• TASK ITEM
Your answer should be the lines below from the one holding "Ends-act x f s (happens" through the one holding "Ends-act x f s (stops", copied exactly and with nothing else.

• DATA UNDER STUDY
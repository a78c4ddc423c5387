-- ===== src/Restore/Exec/Ends.antt =====
-- What holds at each end of a run: `R` of a returned value and its state, `E` of the state that an
-- error leaves, `C` of the state that a stopped process leaves.
use octa.Common.{Bool, true, false, List, [], ◌∷◌, ◌≡◌, refl, if◌then◌else◌}
use octa.Restore.Exec.{
  RestoreError, Fault, happens, fails, stops, Outcome, returned, raised, stopped, Exec, continue,
  io_error, act, observe, on_error, ignoring, with_state,
}

-- The script has a fault in it.
abbrev pub Faulty : List Fault → Type 0
Faulty [] = ⊥
Faulty (happens ∷ fs) = Faulty fs
Faulty (fails ∷ fs) = Unit
Faulty (stops ∷ fs) = Unit

-- The outcome of a run from a script. An error or a stop has a fault of the script as its cause.
pub data Ends {S A : Type 0} (R : A → S → Type 0) (E C : S → Type 0)
    : List Fault → Outcome S A → Type 0 where
  returns :
      (fs : List Fault) (a : A) (s : S) (gs : List Fault)
      → (Faulty gs → Faulty fs)
      → R a s
      → Ends R E C fs (returned a s gs)
  raises :
      (fs : List Fault) (x : RestoreError) (s : S) (gs : List Fault)
      → Faulty fs
      → (Faulty gs → Faulty fs)
      → E s
      → Ends R E C fs (raised x s gs)
  stops_at : (fs : List Fault) (s : S) → Faulty fs → C s → Ends R E C fs (stopped s)

module _ {S A : Type 0} {R : A → S → Type 0} {E C : S → Type 0} where
  pub at_return : (a : A) (s : S) (fs : List Fault) → R a s → Ends R E C fs (returned a s fs)
  at_return a s fs r = returns fs a s fs (λ h. h) r

  -- A shorter script has no other faults.
  pub Ends-earlier :
      (fs gs : List Fault) (o : Outcome S A)
      → (Faulty gs → Faulty fs)
      → Ends R E C gs o
      → Ends R E C fs o
  Ends-earlier fs _ _ h (returns _ a s gs k r) = returns fs a s gs (λ x. h (k x)) r
  Ends-earlier fs _ _ h (raises _ x s gs f k e) = raises fs x s gs (h f) (λ y. h (k y)) e
  Ends-earlier fs _ _ h (stops_at _ s f c) = stops_at fs s (h f) c

  -- Without a fault, a run returns.
  pub Ends-returns :
      (fs : List Fault) (o : Outcome S A)
      → (Faulty fs → ⊥)
      → Ends R E C fs o
      → (a : A) × (s : S) × (gs : List Fault) × (o ≡ returned a s gs) × R a s
  Ends-returns fs _ quiet (returns _ a s gs k r) = (a, s, gs, refl, r)
  Ends-returns fs _ quiet (raises _ x s gs f k e) = absurd (quiet f)
  Ends-returns fs _ quiet (stops_at _ s f c) = absurd (quiet f)

  -- An error has a fault as its cause.
  pub raised-Faulty :
      (fs : List Fault) (o : Outcome S A) (x : RestoreError) (s : S) (gs : List Fault)
      → o ≡ raised x s gs
      → Ends R E C fs o
      → Faulty fs
  raised-Faulty fs _ x s gs e (returns _ a s' hs k r) = absurd cc
  raised-Faulty fs _ x s gs e (raises _ y s' hs f k r) = f
  raised-Faulty fs _ x s gs e (stops_at _ s' f c) = f

module _ {S A : Type 0} {R R' : A → S → Type 0} {E E' C C' : S → Type 0} where
  pub Ends-map :
      {fs : List Fault} (o : Outcome S A)
      → ((a : A) (s : S) → R a s → R' a s)
      → ((s : S) → E s → E' s)
      → ((s : S) → C s → C' s)
      → Ends R E C fs o
      → Ends R' E' C' fs o
  Ends-map _ f g h (returns fs a s gs k e) = returns fs a s gs k (f a s e)
  Ends-map _ f g h (raises fs x s gs j k e) = raises fs x s gs j k (g s e)
  Ends-map _ f g h (stops_at fs s j e) = stops_at fs s j (h s e)

module _ {S A : Type 0} {R : A → S → Type 0} {E F C : S → Type 0} where
  -- What is known of the errors of a run.
  pub Ends-raised :
      (fs : List Fault) (o : Outcome S A)
      → ((x : RestoreError) (s : S) (gs : List Fault) → o ≡ raised x s gs → E s → F s)
      → Ends R E C fs o
      → Ends R F C fs o
  Ends-raised fs _ f (returns _ a s gs k r) = returns fs a s gs k r
  Ends-raised fs _ f (raises _ x s gs j k e) = raises fs x s gs j k (f x s gs refl e)
  Ends-raised fs _ f (stops_at _ s j c) = stops_at fs s j c

module _ {S A : Type 0} {R : A → S → Type 0} {C : S → Type 0} where
  pub Ends-on_error :
      (E F : S → Type 0) (fs : List Fault) (o : Outcome S A) (handler : Exec S (Unit {0}))
      → Ends R E C fs o
      → ((s : S) (gs : List Fault) → E s → Ends (λ _. F) F C gs (handler s gs))
      → Ends R F C fs (on_error o handler)
  unfolding on_error continue
  Ends-on_error E F fs _ handler (returns _ a s gs k e) f = returns fs a s gs k e
  Ends-on_error E F fs _ handler (raises _ x s gs j k e) f = handled (handler s gs) (f s gs e)
    where
      handled :
          (o : Outcome S (Unit {0}))
          → Ends (λ _. F) F C gs o
          → Ends R F C fs (continue o λ _ s' gs'. raised x s' gs')
      handled _ (returns _ a s' gs' l h) = raises fs x s' gs' j (λ y. k (l y)) h
      handled _ (raises _ y s' gs' i l h) = raises fs y s' gs' j (λ z. k (l z)) h
      handled _ (stops_at _ s' i h) = stops_at fs s' j h
  Ends-on_error E F fs _ handler (stops_at _ s j e) f = stops_at fs s j e

module _ {S : Type 0} {K : S → Type 0} where
  pub Ends-ignoring :
      (fs : List Fault) (o : Outcome S (Unit {0}))
      → Ends (λ _. K) K K fs o
      → Ends (λ _. K) K K fs (ignoring o)
  unfolding ignoring
  Ends-ignoring fs _ (returns _ a s gs k e) = returns fs tt s gs k e
  Ends-ignoring fs _ (raises _ x s gs j k e) = returns fs tt s gs k e
  Ends-ignoring fs _ (stops_at _ s j e) = stops_at fs s j e

module _ {S A B : Type 0} {Q : B → S → Type 0} {E C : S → Type 0} where
  -- What comes after a run also knows how that returned.
  pub Ends-followed :
      (R : A → S → Type 0) (fs : List Fault) (o : Outcome S A) (k : A → Exec S B)
      → Ends R E C fs o
      → ((a : A) (s : S) (gs : List Fault) → o ≡ returned a s gs → R a s → Ends Q E C gs (k a s gs))
      → Ends Q E C fs (continue o k)
  unfolding continue
  Ends-followed R fs _ k (returns _ a s gs l e) f = Ends-earlier fs gs _ l (f a s gs refl e)
  Ends-followed R fs _ k (raises _ x s gs j l e) f = raises fs x s gs j l e
  Ends-followed R fs _ k (stops_at _ s j e) f = stops_at fs s j e

  pub Ends-continue :
      (R : A → S → Type 0) {fs : List Fault} (o : Outcome S A) (k : A → Exec S B)
      → Ends R E C fs o
      → ((a : A) (s : S) (gs : List Fault) → R a s → Ends Q E C gs (k a s gs))
      → Ends Q E C fs (continue o k)
  Ends-continue R {fs} o k e f = Ends-followed R fs o k e λ a s gs _. f a s gs

module _ {S : Type 0} {R : Unit {0} → S → Type 0} {E C : S → Type 0} where
  pub Ends-act :
      (x : RestoreError) (f : S → S) (s : S) (fs : List Fault)
      → E s
      → C s
      → R tt (f s)
      → Ends R E C fs (act x f s fs)
  unfolding act
  Ends-act x f s [] e c r = returns [] tt (f s) [] (λ h. h) r
  Ends-act x f s (happens ∷ fs) e c r = returns (happens ∷ fs) tt (f s) fs (λ h. h) r
  Ends-act x f s (fails ∷ fs) e c r = raises (fails ∷ fs) x s fs tt (λ _. tt) e
  Ends-act x f s (stops ∷ fs) e c r = stops_at (stops ∷ fs) s tt c

module _ {S B : Type 0} {Q : B → S → Type 0} {E C : S → Type 0} where
  -- An action and what follows it.
  pub then-act :
      (x : RestoreError) (f : S → S) (s : S) (fs : List Fault) (k : Unit {0} → Exec S B)
      → E s
      → C s
      → ((gs : List Fault) → Ends Q E C gs (k tt (f s) gs))
      → Ends Q E C fs (continue (act x f s fs) k)
  unfolding act continue
  then-act x f s [] k e c r = r []
  then-act x f s (happens ∷ fs) k e c r = Ends-earlier (happens ∷ fs) fs _ (λ h. h) (r fs)
  then-act x f s (fails ∷ fs) k e c r = raises (fails ∷ fs) x s fs tt (λ _. tt) e
  then-act x f s (stops ∷ fs) k e c r = stops_at (stops ∷ fs) s tt c

  pub then-observe :
      (f : S → Bool) (s : S) (fs : List Fault) (k : Bool → Exec S B)
      → E s
      → C s
      → ((gs : List Fault) → Ends Q E C gs (k (f s) s gs))
      → Ends Q E C fs (continue (observe f s fs) k)
  unfolding observe continue
  then-observe f s [] k e c r = r []
  then-observe f s (happens ∷ fs) k e c r = Ends-earlier (happens ∷ fs) fs _ (λ h. h) (r fs)
  then-observe f s (fails ∷ fs) k e c r = raises (fails ∷ fs) io_error s fs tt (λ _. tt) e
  then-observe f s (stops ∷ fs) k e c r = stops_at (stops ∷ fs) s tt c

module _ {S A : Type 0} {R : A → S → Type 0} {E C : S → Type 0} where
  -- A branch on a test.
  pub if-Ends :
      (b : Bool) (m n : Exec S A) (s : S) (fs : List Fault)
      → (b ≡ true → Ends R E C fs (m s fs))
      → (b ≡ false → Ends R E C fs (n s fs))
      → Ends R E C fs ((if b then m else n) s fs)
  if-Ends true m n s fs f g = f refl
  if-Ends false m n s fs f g = g refl

module _ {S T A : Type 0} {R : A → T → Type 0} {E C : T → Type 0} where
  pub Ends-with_state :
      {fs : List Fault} (f : S → T) (o : Outcome S A)
      → Ends (λ a s. R a (f s)) (λ s. E (f s)) (λ s. C (f s)) fs o
      → Ends R E C fs (with_state f o)
  unfolding with_state
  Ends-with_state f _ (returns fs a s gs k e) = returns fs a (f s) gs k e
  Ends-with_state f _ (raises fs x s gs j k e) = raises fs x (f s) gs j k e
  Ends-with_state f _ (stops_at fs s j e) = stops_at fs (f s) j e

• OUTPUT BELOW
  Ends-act x f s (happens ∷ fs) e c r = returns (happens ∷ fs) tt (f s) fs (λ h. h) r
  Ends-act x f s (fails ∷ fs) e c r = raises (fails ∷ fs) x s fs tt (λ _. tt) e
  Ends-act x f s (stops ∷ fs) e c r = stops_at (stops ∷ fs) s tt c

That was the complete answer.